A Rough-Cut Case Analysis:

Broadly, the question is, What could/ should Mr. Agarwal do? He is faced with a
decision problem because, as Manager VNACS, he sees at least two business
opportunities, which could contribute towards VNACS’s objective of serving members
interests better, and his objective of serving VNACS’s interests better. But the limited
resources available to VNACS give rises to this situation in which Mr. Agarwal is faced
with a decision problem. He has the option of holding the paddy for sale in October in
order to get a better realisation, as well as the option of buying the Fertiliser now so that
it could be supplied cheaper to the farmer members, again in October. But he does not
have the funds internally to do both. The farmer members are obviously anxious to
receive their payments by the due date, i.e., 1st April. He knows how important it is for
them to realise the sales value of paddy given the nature of cash flow in agriculture-based
households. He certainly would not like to default on that, at any cost. Once the available
cash is used to pay the Members, VNACS would be left only with Rs 500,000 worth of
paddy on the Asset side. The fact that the overdraft has been drawn and is pending shows
that the credit limit under the cash credit arrangement has been fully exhausted. Thus,
Mr. Agarwal is faced not only with a cash constraint but also a funds constraint.
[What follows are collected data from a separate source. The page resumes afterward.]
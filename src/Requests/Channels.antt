-- ===== src/Requests/Channels.antt =====
-- native/src/api.rs: channel administration, subscriptions and descriptions.
use Prim.Native.Nat.{ℕ}
use beta.Base.{true, false, ◌||◌, not, Option, ltb, ◌==◌, if◌then◌else◌}
use beta.Base.Word.{Signed, is_positive, is_nonnegative, is_nonzero}
use beta.Text.{CString, opt_cstr}
use beta.Command.{
  Command, create_channel, edit_channel, delete_channel, move_channel_tree, subscribe_channel,
  channel_description,
}
use beta.Engine.{Engine, is_connected}
use beta.Requests.Queue.{reject, let_some, queue_command, nonzero, then_some}

-- CHANNEL_NAME_MAX, CHANNEL_TEXT_MAX, and the cap of a channel's password.
abbrev pub channel_name_max : ℕ
channel_name_max = 40

abbrev pub channel_text_max : ℕ
channel_text_max = 2000

abbrev pub password_max : ℕ
password_max = 64

module _ {Tx : Type 0} (send : Tx → Command → Option Tx) (e : Engine Tx) (conn_id : ℕ) where
  unfoldable pub ts_create_channel :
      (parent_id : ℕ) (name topic description password : CString) (max_clients : Signed)
      (permanent semi_permanent : ℕ)
      → Engine Tx × ℕ
  ts_create_channel parent_id name topic description password max_clients permanent semi_permanent =
      if not (is_connected e conn_id)
      then reject e
      else let_some e (opt_cstr name channel_name_max) λ n. queue_command send e conn_id (
          create_channel parent_id n (opt_cstr topic channel_text_max)
            (opt_cstr description channel_text_max) (opt_cstr password password_max)
            (then_some (is_positive max_clients) max_clients) (nonzero permanent)
            (nonzero semi_permanent))

  unfoldable pub ts_edit_channel :
      (channel_id : ℕ) (name topic description password : CString)
      (has_password max_clients permanent semi_permanent : Signed)
      → Engine Tx × ℕ
  ts_edit_channel channel_id name topic description password has_password max_clients permanent
        semi_permanent =
      if not (is_connected e conn_id) || channel_id == 0
      then reject e
      else queue_command send e conn_id (
          edit_channel channel_id (opt_cstr name channel_name_max) (opt_cstr topic channel_text_max)
            (opt_cstr description channel_text_max) (opt_cstr password password_max)
            (then_some (is_nonnegative has_password) (is_nonzero has_password))
            (then_some (is_positive max_clients) max_clients)
            (then_some (is_nonnegative permanent) (is_nonzero permanent))
            (then_some (is_nonnegative semi_permanent) (is_nonzero semi_permanent)))

  unfoldable pub ts_delete_channel : (channel_id force : ℕ) → Engine Tx × ℕ
  ts_delete_channel channel_id force =
      if not (is_connected e conn_id) || channel_id == 0
      then reject e
      else queue_command send e conn_id (delete_channel channel_id (nonzero force))

  unfoldable pub ts_move_channel_tree : (channel_id parent_id order : ℕ) → Engine Tx × ℕ
  ts_move_channel_tree channel_id parent_id order =
      if not (is_connected e conn_id) || channel_id == 0
      then reject e
      else queue_command send e conn_id
          (move_channel_tree channel_id parent_id (then_some (ltb 0 order) order))

  unfoldable pub ts_subscribe_channel : (channel_id : ℕ) → Engine Tx × ℕ
  ts_subscribe_channel channel_id =
      if not (is_connected e conn_id) || channel_id == 0
      then reject e
      else queue_command send e conn_id (subscribe_channel channel_id false)

  unfoldable pub ts_unsubscribe_channel : (channel_id : ℕ) → Engine Tx × ℕ
  ts_unsubscribe_channel channel_id =
      if not (is_connected e conn_id) || channel_id == 0
      then reject e
      else queue_command send e conn_id (subscribe_channel channel_id true)

  unfoldable pub ts_channel_description : (channel_id : ℕ) → Engine Tx × ℕ
  ts_channel_description channel_id =
      if not (is_connected e conn_id) || channel_id == 0
      then reject e
      else queue_command send e conn_id (channel_description channel_id)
To sale the paddy now, pay the farmers now and retire the loan is not much of an option
because VNACS would end up with a net loss of Rs. 29,167/-; what is more the loan with
accrued interest cannot be retired for lack of money. Secondly, the Bank is a business
associate; its interests are best served when VNACS continues to avail of the loan,
deploys the funds in its business and services the loan. Similar is the case with the
members. Though they are under pressure to receive their payments, by only paying them
what they could possibly have got on their own (may be a little less), you don’t serve
their best interests. Agricultural produce are subject to price variation across seasons.
Individual farmers often do not have the ability to make use of the higher prices during
off-season. The objective of coming together is not only to get a better bargain in season
through aggregation but also to be able to access the higher prices during off seasons. The
Co-operative could help them in this regard by developing its ability to hold their
produce. As we know, holding has costs (inventory carrying costs), and therefore, if
VNACS has to, over a period of time, develop that ability, it must build its ‘reserves and
surplus’.

Given the above, the Obejctive could be formulated as “to serve the expectations and
interests of farmer members, both in short and long run, by building VNACS’s holding
capacity, while maintaining the credit-worthy relationship with the Bank”. Then the
problem is to decide whether to sale paddy now or hold it till end September, and
whether to buy the Fertilisers now? The problem could be formulated as “Among the
business propositions presently available, which one or combination to adopt”.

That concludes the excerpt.